I’ve been an analyst for 35 years, and debates about “real-time” technology have run through my whole career. Some of those debates are by now pretty much settled. In particular:
- Yes, interactive computer response is crucial.
- Into the 1980s, many apps were batch-only. Demand for such apps dried up.
- Business intelligence should occur at interactive speeds, which is a major reason that there’s a market for high-performance analytic RDBMS.
- Theoretical arguments about “true” real-time vs. near-real-time are often pointless.
- What matters in most cases is human users’ perceptions of speed.
- Most of the exceptions to that rule occur when machines race other machines, for example in automated bidding (high frequency trading or otherwise) or in network security.
A big issue that does remain open is: How fresh does data need to be? My preferred summary answer is: As fresh as is needed to support the best decision-making. I think that formulation starts with several advantages:
- It respects the obvious point that different use cases require different levels of data freshness.
- It cautions against people who think they need fresh information but aren’t in a position to use it. (Such users have driven much bogus “real-time” demand in the past.)
- It covers cases of both human and automated decision-making.
Straightforward applications of this principle include:
- In “buying race” situations such as high-frequency trading, data needs to be as fresh as the other guy’s, and preferably even fresher.
- Supply-chain systems generally need data that’s fresh to within a few hours; in some cases, sub-hour freshness is needed.
- That’s a good standard for many desktop business intelligence scenarios as well.
- Equipment-monitoring systems’ need for data freshness depends on how quickly catastrophic or cascading failures can occur or be averted.
- Different specific cases call for wildly different levels of data freshness.
- When equipment is well-instrumented with sensors, freshness requirements can be easy to meet.
E-commerce and other internet interaction scenarios can be more complicated, but it seems safe to say:
- Recommenders/personalizers should take into account information from the current session.
- Try very hard to give customers correct information about merchandise availability or pricing.
In meeting freshness requirements, multiple technical challenges can come into play.
- Traditional batch aggregation is too slow for some analytic needs.

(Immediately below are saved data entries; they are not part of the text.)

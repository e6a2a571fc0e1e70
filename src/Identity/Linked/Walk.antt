-- ===== src/Identity/Linked/Walk.antt =====
-- core/identity.py, `linked_entities`: the walk over merged ids ends, and finds exactly the ids that
-- merges join.
use mathlib.Core.List.{Memᴰ}
use decision_ledger.Prelude.{
  ◌≡◌, refl, sym, ◌∙◌, ◌↔◌, ◌<◌, ℕ, zero, suc, Bool, true, false, not, ◌&&◌, ◌||◌, none, some, List,
  [], ◌∷◌, length, eqb, arith, Bool-cases, inl, inr,
}
use mathlib.Core.Option.{some-injective}
use mathlib.Core.Path.{subst}
use mathlib.Core.Logic.{∥∥₁_elim}
use mathlib.Core.Bool.{Bool-set}
use decision_ledger.Identity.{Uuid}
use decision_ledger.Identity.Events.{Membership}
use decision_ledger.Identity.Linked.{has, union, is_link, touches, reached, merged}
use decision_ledger.Identity.Linked.Ids.{
  has-union, is_end, has-reached, IsEdges, ends_of, any-witness, any-of_mem, has-ends_of, unseen,
  unseen-le-length, unseen-lt,
}

-- `m` is a merge that holds now, of `u` and `v`.
abbrev pub joins : Membership → Uuid → Uuid → Bool
joins m u v =
    is_link none m
    && ((eqb m.subject_entity_id u && eqb m.related_entity_id v)
        || (eqb m.subject_entity_id v && eqb m.related_entity_id u))

-- The ids that merges join to some of `seeds`, directly or through others.
pub data Joined (table : List Membership) (seeds : List Uuid) : Uuid → Type 0 where
  seed : {x : Uuid} → has seeds x ≡ true → Joined table seeds x
  step :
      {u v : Uuid}
      → Joined table seeds u
      → (m : Membership) → Memᴰ m table
      → joins m u v ≡ true
      → Joined table seeds v

module _ (table : List Membership) (edges : List Uuid → List Membership)
    (answers : IsEdges table edges) where
  -- What one round reaches.
  abbrev next : List Uuid → List Uuid → List Uuid
  next seen frontier = reached none frontier seen (edges frontier) []

  abbrev new_end : List Uuid → List Uuid → Uuid → Membership → Bool
  new_end seen frontier x m =
      is_link none m && (touches frontier m && (is_end m x && not (has seen x)))

  next-witness :
      (seen frontier : List Uuid) (x : Uuid)
      → has (next seen frontier) x ≡ true
      → (m : Membership) × Memᴰ m table × (new_end seen frontier x m ≡ true)
  next-witness seen frontier x h =
      let (m, listed, new) =
        any-witness (new_end seen frontier x) (edges frontier)
          (sym (has-reached none frontier seen (edges frontier) [] x) ∙ h) in
      (m, answers.sound frontier m listed, new)

  merged-ends :
      (fuel : ℕ) (seen frontier : List Uuid)
      → unseen seen (ends_of table) < fuel
      → (out : List Uuid) × (merged edges fuel seen frontier ≡ some out)
  unfolding merged union
  merged-ends zero seen frontier h = absurd (omega arith)
  merged-ends (suc fuel) seen [] h = (seen, refl)
  merged-ends (suc fuel) seen (x ∷ frontier) h =
      go (merged-ends fuel) (next seen (x ∷ frontier)) refl
    where
      go :
          ((seen frontier : List Uuid)
            → unseen seen (ends_of table) < fuel
            → (out : List Uuid) × (merged edges fuel seen frontier ≡ some out))
          → (more : List Uuid) → next seen (x ∷ frontier) ≡ more
          → (out : List Uuid) × (merged edges fuel (union seen more) more ≡ some out)
      go ih [] e = (seen, refl)
      go ih (y ∷ more) e =
          let new : has (y ∷ more) y ≡ true = ground arith in
          let (m, listed, found) = next-witness seen (x ∷ frontier) y (rw e new) in
          ih (union seen (y ∷ more)) (y ∷ more) (
            omega (
              arith,
              unseen-lt seen (y ∷ more) (ends_of table) y
                  (has-ends_of table m y listed (ground arith)) (ground arith) new,
            ))

has-eq : (ids : List Uuid) (a b : Uuid) → eqb a b ≡ true → has ids a ≡ has ids b
has-eq ids a b h = let e : a ≡ b = ground (arith, h) in rw e refl

-- A new end of a merge that touches the frontier is joined to an id of the frontier.
new_end-joins :
    (seen frontier : List Uuid) (v : Uuid) (m : Membership)
    → ((w : Uuid) → has frontier w ≡ true → has seen w ≡ true)
    → (is_link none m && (touches frontier m && (is_end m v && not (has seen v)))) ≡ true
    → (u : Uuid) × (has frontier u ≡ true) × (joins m u v ≡ true)
new_end-joins seen frontier v m within h = elim (Bool-cases (has frontier m.subject_entity_id)) [
  | inl there ↦ (
    m.subject_entity_id,
    there,
    ground (arith, within m.subject_entity_id there, has-eq seen m.subject_entity_id v),
  )
  | inr absent ↦
      let there : has frontier m.related_entity_id ≡ true = ground arith in
      (
        m.related_entity_id,
        there,
        ground (arith, within m.related_entity_id there, has-eq seen m.related_entity_id v),
      )
]

module _ (table : List Membership) (edges : List Uuid → List Membership)
    (answers : IsEdges table edges) (seeds : List Uuid) where
  record Walking (seen frontier : List Uuid) : Type 0 where
    within : (v : Uuid) → has frontier v ≡ true → has seen v ≡ true
    seeded : (v : Uuid) → has seeds v ≡ true → has seen v ≡ true
    sound : (v : Uuid) → has seen v ≡ true → Joined table seeds v
    closed :
        (u v : Uuid) (m : Membership)
        → has seen u ≡ true
        → has frontier u ≡ false
        → Memᴰ m table
        → joins m u v ≡ true
        → has seen v ≡ true

  -- A merge that joins `v` to an id of the frontier reaches `v`.
  reached-joined :
      (seen frontier : List Uuid) (u v : Uuid) (m : Membership)
      → has frontier u ≡ true
      → has seen v ≡ false
      → Memᴰ m table
      → joins m u v ≡ true
      → has (next table edges answers seen frontier) v ≡ true
  reached-joined seen frontier u v m inside fresh listed joined =
      let touched : touches frontier m ≡ true =
        ground
          (arith, has-eq frontier m.subject_entity_id u, has-eq frontier m.related_entity_id u) in
      let ended : is_end m v ≡ true = ground arith in
      let link : is_link none m ≡ true = ground arith in
      let given = answers.complete frontier m listed (ground arith) touched in
      has-reached none frontier seen (edges frontier) [] v
      ∙ any-of_mem (new_end table edges answers seen frontier v) m (edges frontier) given
          (rw (link, touched, ended, fresh) refl)

  closed-next :
      (seen frontier : List Uuid)
      → Walking seen frontier
      → (u v : Uuid) (m : Membership)
      → has (union seen (next table edges answers seen frontier)) u ≡ true
      → has (next table edges answers seen frontier) u ≡ false
      → Memᴰ m table
      → joins m u v ≡ true
      → has (union seen (next table edges answers seen frontier)) v ≡ true
  closed-next seen frontier w u v m h out listed joined =
      let more = next table edges answers seen frontier in
      has-union v seen more ∙ (elim (Bool-cases (has seen v)) [
        | inl old ↦ rw old refl
        | inr fresh ↦ elim (Bool-cases (has frontier u)) [
          | inl inside ↦
              rw (fresh, reached-joined seen frontier u v m inside fresh listed joined) refl
          | inr outside ↦
              let old : has seen u ≡ true = ground (arith, has-union u seen more) in
              rw (w.closed u v m old outside listed joined) refl
        ]
      ])

  Walking-next :
      (seen frontier : List Uuid)
      → Walking seen frontier
      → Walking
          (union seen (next table edges answers seen frontier))
          (next table edges answers seen frontier)
  Walking-next seen frontier w =
      let more = next table edges answers seen frontier in
      record {
        within = λ v h. rw has-union (ground arith);
        seeded = λ v h. rw has-union (ground (arith, w.seeded v));
        sound = λ v h. elim (Bool-cases (has seen v)) [
          | inl old ↦ w.sound v old
          | inr fresh ↦
              let (m, listed, new) =
                next-witness table edges answers seen frontier v
                  (ground (arith, has-union v seen more)) in
              let (u, there, joined) = new_end-joins seen frontier v m w.within new in
              step (w.sound u (w.within u there)) m listed joined
        ];
        closed = λ u v m h out listed joined. closed-next seen frontier w u v m h out listed joined;
      }

  Walking-merged :
      (fuel : ℕ) (seen frontier out : List Uuid)
      → Walking seen frontier
      → merged edges fuel seen frontier ≡ some out
      → Walking out []
  unfolding merged
  Walking-merged fuel seen [] out w e = subst (λ s. Walking s []) (some-injective _ _ e) w
  Walking-merged zero seen (x ∷ frontier) out w e = cc
  Walking-merged (suc fuel) seen (x ∷ frontier) out w e =
      Walking-merged fuel (union seen (next table edges answers seen (x ∷ frontier)))
        (next table edges answers seen (x ∷ frontier)) out (Walking-next seen (x ∷ frontier) w) e

  Joined-found :
      (out : List Uuid) {x : Uuid} → Walking out [] → Joined table seeds x → has out x ≡ true
  Joined-found out w (seed h) = w.seeded _ h
  Joined-found out w (step {u} {v} before m listed joined) =
      w.closed u v m (Joined-found out w before) refl listed joined

  -- The walk ends within one round more than there are ends of intervals in the table, and finds
  -- exactly the ids that current merges join to the seeds, directly or through others.
  pub merged-exact :
      (out : List Uuid) × (merged edges (suc (length (ends_of table))) seeds seeds ≡ some out)
      × ((x : Uuid) → (has out x ≡ true) ↔ ∥ Joined table seeds x ∥₁)
  merged-exact =
      let (out, ends) =
        merged-ends table edges answers (suc (length (ends_of table))) seeds seeds
          (omega (arith, unseen-le-length seeds (ends_of table))) in
      let w = Walking-merged (suc (length (ends_of table))) seeds seeds out start ends in
      (out, ends, λ x. (λ h. ∣ w.sound x h ∣₁, λ j. ∥∥₁_elim j (Bool-set _ _) (Joined-found out w)))
    where
      start : Walking seeds seeds
      start = record {
        within = λ v h. h;
        seeded = λ v h. h;
        sound = λ v h. seed h;
        closed = λ u v m h out. absurd (both u h out);
      }
        where
          both : (u : Uuid) → has seeds u ≡ true → has seeds u ≡ false → ⊥
          both u h out = cc
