-- ===== src/Identity/Linked/Exact.antt =====
-- core/identity.py, `linked_entities`: the subjects that it finds, and how it says that each is
-- linked.
use mathlib.Core.List.{Memᴰ}
use mathlib.Core.List.Memᴰ
use mathlib.Core.Bool.{Bool-set}
use mathlib.Core.Path.{subst}
use mathlib.Core.Option.{some-injective}
use mathlib.Core.Logic.{∥∥₁_elim, ∥∥₁_map, ∥∥₁_prop}
use mathlib.Core.HLevel.{⊥_prop}
use decision_ledger.Prelude.{
  ◌≡◌, refl, sym, ap, ◌∙◌, ◌↔◌, ◌⊎◌, ℕ, suc, String, Bool, true, false, not, ◌&&◌, Option, none,
  some, List, [], ◌∷◌, ◌++◌, select, length, eqb, arith, Bool-cases, inl, inr,
}
use decision_ledger.Identity.{Uuid}
use decision_ledger.Identity.Events.{Membership}
use decision_ledger.Identity.Linked.{
  has, is_link, touches, reached, as_linked, also, related_to, around, linked_entities,
}
use decision_ledger.Identity.Linked.Ids.{
  has-reached, is_end, IsEdges, ends_of, any-witness, any-of_mem,
}
use decision_ledger.Identity.Linked.Walk.{Joined, seed, step, merged-exact}

mem-has : (ids : List Uuid) (x : Uuid) → (has ids x ≡ true) ↔ Memᴰ x ids
mem-has ids x = (
  λ h. let (y, m, e) = any-witness (λ y. eqb y x) ids h in Memᴰ.cast (ground (arith, e)) m,
  λ m. any-of_mem (λ y. eqb y x) x ids m (ground arith),
)

mem-as_linked :
    (kind : Option String) (ids : List Uuid) (x : Uuid) (how : Option String)
    → Memᴰ (x, how) (as_linked kind ids) ↔ (Memᴰ x ids × (how ≡ kind))
unfolding as_linked
mem-as_linked kind ids x how = (
  λ m.
      let (y, listed, e) = Memᴰ.of_map (λ z. (z, kind)) ids m in
      (Memᴰ.cast (ap (λ p. p.0) (sym e)) listed, ap (λ p. p.1) (sym e)),
  λ (listed, e). rw e (Memᴰ.map (λ z. (z, kind)) listed),
)

true-ne-false : {b : Bool} → b ≡ true → b ≡ false → ⊥
true-ne-false e f = cc

mem-select :
    (p : Uuid → Bool) (ids : List Uuid) (x : Uuid)
    → Memᴰ x (select p ids) ↔ (Memᴰ x ids × (p x ≡ true))
mem-select p [] x = (λ m. absurd (Memᴰ.not-nil m), λ m. absurd (Memᴰ.not-nil (m.0)))
mem-select p (y ∷ ys) x = elim (Bool-cases (p y)) [
  | inl holds ↦ rw holds (
    λ m. elim (Memᴰ.cases_cons m) [
      | inl e ↦ (Memᴰ.head e, ap p e ∙ holds)
      | inr t ↦ let (listed, k) = (mem-select p ys x).0 t in (Memᴰ.tail listed, k)
    ],
    λ (m, k). elim (Memᴰ.cases_cons m) [
      | inl e ↦ Memᴰ.head e
      | inr t ↦ Memᴰ.tail ((mem-select p ys x).1 (t, k))
    ],
  )
  | inr fails ↦ rw fails (
    λ m. let (listed, k) = (mem-select p ys x).0 m in (Memᴰ.tail listed, k),
    λ (m, k). elim (Memᴰ.cases_cons m) [
      | inl e ↦ absurd (true-ne-false k (ap p e ∙ fails))
      | inr t ↦ (mem-select p ys x).1 (t, k)
    ],
  )
]

-- One step of the given relationship from the ids of `own`, out of them.
abbrev pub adjoins : String → List Uuid → Uuid → Membership → Bool
adjoins kind own x m = is_link (some kind) m && (touches own m && (is_end m x && not (has own x)))

-- The ids that are one step away, with the ids that merges join to them.
abbrev pub Related : List Membership → String → List Uuid → Uuid → Type 0
Related table kind own x =
    (v : Uuid) × ((m : Membership) × Memᴰ m table × (adjoins kind own v m ≡ true))
    × Joined table (v ∷ []) x

module _ (table : List Membership) (edges : List Uuid → List Membership)
    (answers : IsEdges table edges) where
  abbrev pub fuel : ℕ
  fuel = suc (length (ends_of table))

  abbrev pub neighbors : String → List Uuid → List Uuid
  neighbors kind own = reached (some kind) own own (edges own) []

  neighbor_iff :
      (kind : String) (own : List Uuid) (v : Uuid)
      → (has (neighbors kind own) v ≡ true)
        ↔ ∥ ((m : Membership) × Memᴰ m table × (adjoins kind own v m ≡ true)) ∥₁
  neighbor_iff kind own v = (
    λ h.
        let (m, listed, e) =
          any-witness (adjoins kind own v) (edges own)
            (sym (has-reached (some kind) own own (edges own) [] v) ∙ h) in
        ∣ (m, answers.sound own m listed, e) ∣₁,
    λ near. ∥∥₁_elim near (Bool-set _ _) (λ (m, listed, e).
        has-reached (some kind) own own (edges own) [] v
        ∙ any-of_mem (adjoins kind own v) m (edges own)
            (answers.complete own m listed (ground arith) (ground arith)) e),
  )

  -- What merges join to some neighbor, they join to one of them.
  Joined-one :
      (kind : String) (own : List Uuid) {x : Uuid}
      → Joined table (neighbors kind own) x
      → ∥ Related table kind own x ∥₁
  Joined-one kind own (seed {x} h) =
      ∥∥₁_map ((neighbor_iff kind own x).0 h) (λ near. (x, near, seed (ground arith)))
  Joined-one kind own (step before m listed e) =
      ∥∥₁_map (Joined-one kind own before) (λ (v, near, j). (v, near, step j m listed e))

  Joined-all :
      (kind : String) (own : List Uuid) (v : Uuid) {x : Uuid}
      → has (neighbors kind own) v ≡ true
      → Joined table (v ∷ []) x
      → Joined table (neighbors kind own) x
  Joined-all kind own v near (seed {x} h) = seed (let e : v ≡ x = ground arith in rw (← e) near)
  Joined-all kind own v near (step before m listed e) =
      step (Joined-all kind own v near before) m listed e

  -- How an id is on the timeline of the ids of `own`: as one of them, or as related to them.
  abbrev pub OnTimeline : Option String → List Uuid → Uuid → Option String → Type 0
  OnTimeline include_related own x how =
      ((how ≡ none) × (has own x ≡ true))
      ⊎ ((kind : String) × (include_related ≡ some kind)
          × (how ≡ some kind)
          × (has own x ≡ false)
          × ∥ Related table kind own x ∥₁)

  abbrev pub Lists : Option String → List Uuid → List (Uuid × Option String) → Type 0
  Lists include_related own out =
      (x : Uuid) (how : Option String) → Memᴰ (x, how) out ↔ OnTimeline include_related own x how

  Lists-alone :
      (include_related : Option String) (own : List Uuid)
      → ((kind : String) → include_related ≡ some kind → neighbors kind own ≡ [])
      → Lists include_related own (as_linked none own)
  Lists-alone include_related own alone x how = (
    λ m. let (listed, e) = (mem-as_linked none own x how).0 m in inl (e, (mem-has own x).1 listed),
    λ on. elim on [
      | inl (e, h) ↦ (mem-as_linked none own x how).1 ((mem-has own x).0 h, e)
      | inr (kind, given, _, _, related) ↦ absurd (
          ∥∥₁_elim related ⊥_prop (λ (v, near, _).
            let there : has (neighbors kind own) v ≡ true = (neighbor_iff kind own v).1 ∣ near ∣₁ in
            true-ne-false there (rw (alone kind given) refl)))
    ],
  )

  Lists-also :
      (kind : String) (own found : List Uuid)
      → ((x : Uuid) → (has found x ≡ true) ↔ ∥ Joined table (neighbors kind own) x ∥₁)
      → Lists
          (some kind)
          own
          (as_linked none own ++ as_linked (some kind) (select (λ x. not (has own x)) found))
  Lists-also kind own found exact x how = (
    λ m. elim (Memᴰ.append_cases (as_linked none own) m) [
      | inl first ↦
          let (listed, e) = (mem-as_linked none own x how).0 first in
          inl (e, (mem-has own x).1 listed)
      | inr second ↦
          let (chosen, e) =
            (mem-as_linked (some kind) (select (λ y. not (has own y)) found) x how).0 second in
          let (listed, out) = (mem-select (λ y. not (has own y)) found x).0 chosen in
          inr (
            kind,
            refl,
            e,
            ground arith,
            ∥∥₁_elim ((exact x).0 ((mem-has found x).1 listed)) ∥∥₁_prop (Joined-one kind own),
          )
    ],
    λ on. elim on [
      | inl (e, h) ↦ Memᴰ.append_left _ ((mem-as_linked none own x how).1 ((mem-has own x).0 h, e))
      | inr (k, given, e, out, related) ↦
          let same : k ≡ kind = some-injective _ _ (sym given) in
          let found_it : has found x ≡ true = (exact x).1 (
            ∥∥₁_map (subst (λ n. ∥ Related table n own x ∥₁) same related)
              (λ (v, near, j). Joined-all kind own v ((neighbor_iff kind own v).1 ∣ near ∣₁) j)) in
          Memᴰ.append_right (as_linked none own) (
            (mem-as_linked (some kind) _ x how).1 (
              (mem-select (λ y. not (has own y)) found x).1
                  ((mem-has found x).0 found_it, rw out refl),
              e ∙ ap some same,
            ))
    ],
  )

  -- A run that returned, with the ids that are the subject's own.
  abbrev pub Timeline : Uuid → Option String → Type 0
  Timeline entity_id include_related =
      (own : List Uuid) × (out : List (Uuid × Option String)) × (linked_entities edges fuel
          entity_id include_related
        ≡ some out)
      × ((x : Uuid) → (has own x ≡ true) ↔ ∥ Joined table (entity_id ∷ []) x ∥₁)
      × Lists include_related own out

  -- The timeline of a subject is found within the fuel: the subject and the ids that current merges
  -- join to it, directly or through others, and with `include_related` also the ids outside these that
  -- are joined to one that is one current relationship of that type away, each said to be linked so.
  pub linked_entities-exact :
      (entity_id : Uuid) (include_related : Option String) → Timeline entity_id include_related
  unfolding linked_entities around related_to also
  linked_entities-exact entity_id include_related =
      let (own, walks, exact) = merged-exact table edges answers (entity_id ∷ []) in
      let (out, e, lists) = find include_related own in (own, out, rw walks e, exact, lists)
    where
      find :
          (include_related : Option String) (own : List Uuid)
          → (out : List (Uuid × Option String)) × (around edges fuel include_related (some own)
              ≡ some out)
            × Lists include_related own out
      find none own = (as_linked none own, refl, Lists-alone none own (λ kind given. cc))
      find (some kind) own = go (neighbors kind own) refl
        where
          go :
              (near : List Uuid)
              → neighbors kind own ≡ near
              → (out : List (Uuid × Option String)) × (related_to edges fuel kind own near
                  ≡ some out)
                × Lists (some kind) own out
          go [] e = (
            as_linked none own,
            refl,
            Lists-alone (some kind) own (λ k given. rw (some-injective _ _ (sym given)) e),
          )
          go (v ∷ near) e =
              let (found, walks, exact) = merged-exact table edges answers (v ∷ near) in
              (
                as_linked none own ++ as_linked (some kind) (select (λ x. not (has own x)) found),
                rw walks refl,
                Lists-also kind own found (λ x. rw e (exact x)),
              )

That’s a core reason for having an analytic RDBMS.
- Traditional data integration/movement pipelines can also be too slow. That’s a basis for short-request-capable data stores to also capture some analytic workloads. E.g., this is central to MemSQL’s pitch, and to some NoSQL applications as well.
- Scoring models at interactive speeds is often easy. Retraining them quickly is much harder, and at this point only rarely done.
- OLTP (OnLine Transaction Processing) guarantees adequate data freshness …
- … except in scenarios where the transactions themselves are too slow. Questionably-consistent systems — commonly NoSQL — can usually meet performance requirements, but might have issues with the freshness of accurate data.
- Older generations of streaming technology disappointed. The current generation is still maturing.
Based on all that, what technology investments should you be making, in order to meet “real-time” needs? My answers start:
- Customer communications, online or telephonic as the case may be, should be based on accurate data. In particular:
- If your OLTP data is somehow siloed away from your phone support data, fix that immediately, if not sooner. (Fixing it 5-15 years ago would be ideal.)
- If your eventual consistency is so eventual that customers notice, fix it ASAP.
- If you invest in predictive analytics/machine learning to support your recommenders/personalizers, then your models should at least be scored on fresh data.
- If your models don’t support that, reformulate them.
- If your data pipeline doesn’t support that, rebuild it.
- Actual high-speed retraining of models isn’t an immediate need. But if you’re going to have to transition to that anyway, consider doing do early and getting it over with.
- Your BI should have great drilldown and exploration. Find the most active users of such functionality in your enterprise, even if — especially if! — they built some kind of departmental analytic system outside the enterprise mainstream. Ask them what, if anything, they need that they don’t have. Respond accordingly.
- Whatever expensive and complex equipment you have, slather it with sensors. Spend a bit of research effort on seeing whether the resulting sensor logs can be made useful.
- Please note that this applies both to vehicles and to fixed objects (e.g. buildings, pipelines) as well as traditional industrial machinery.
- It also applies to any products you make which draw electric power.
So yes — I think “real-time” has finally become pretty real.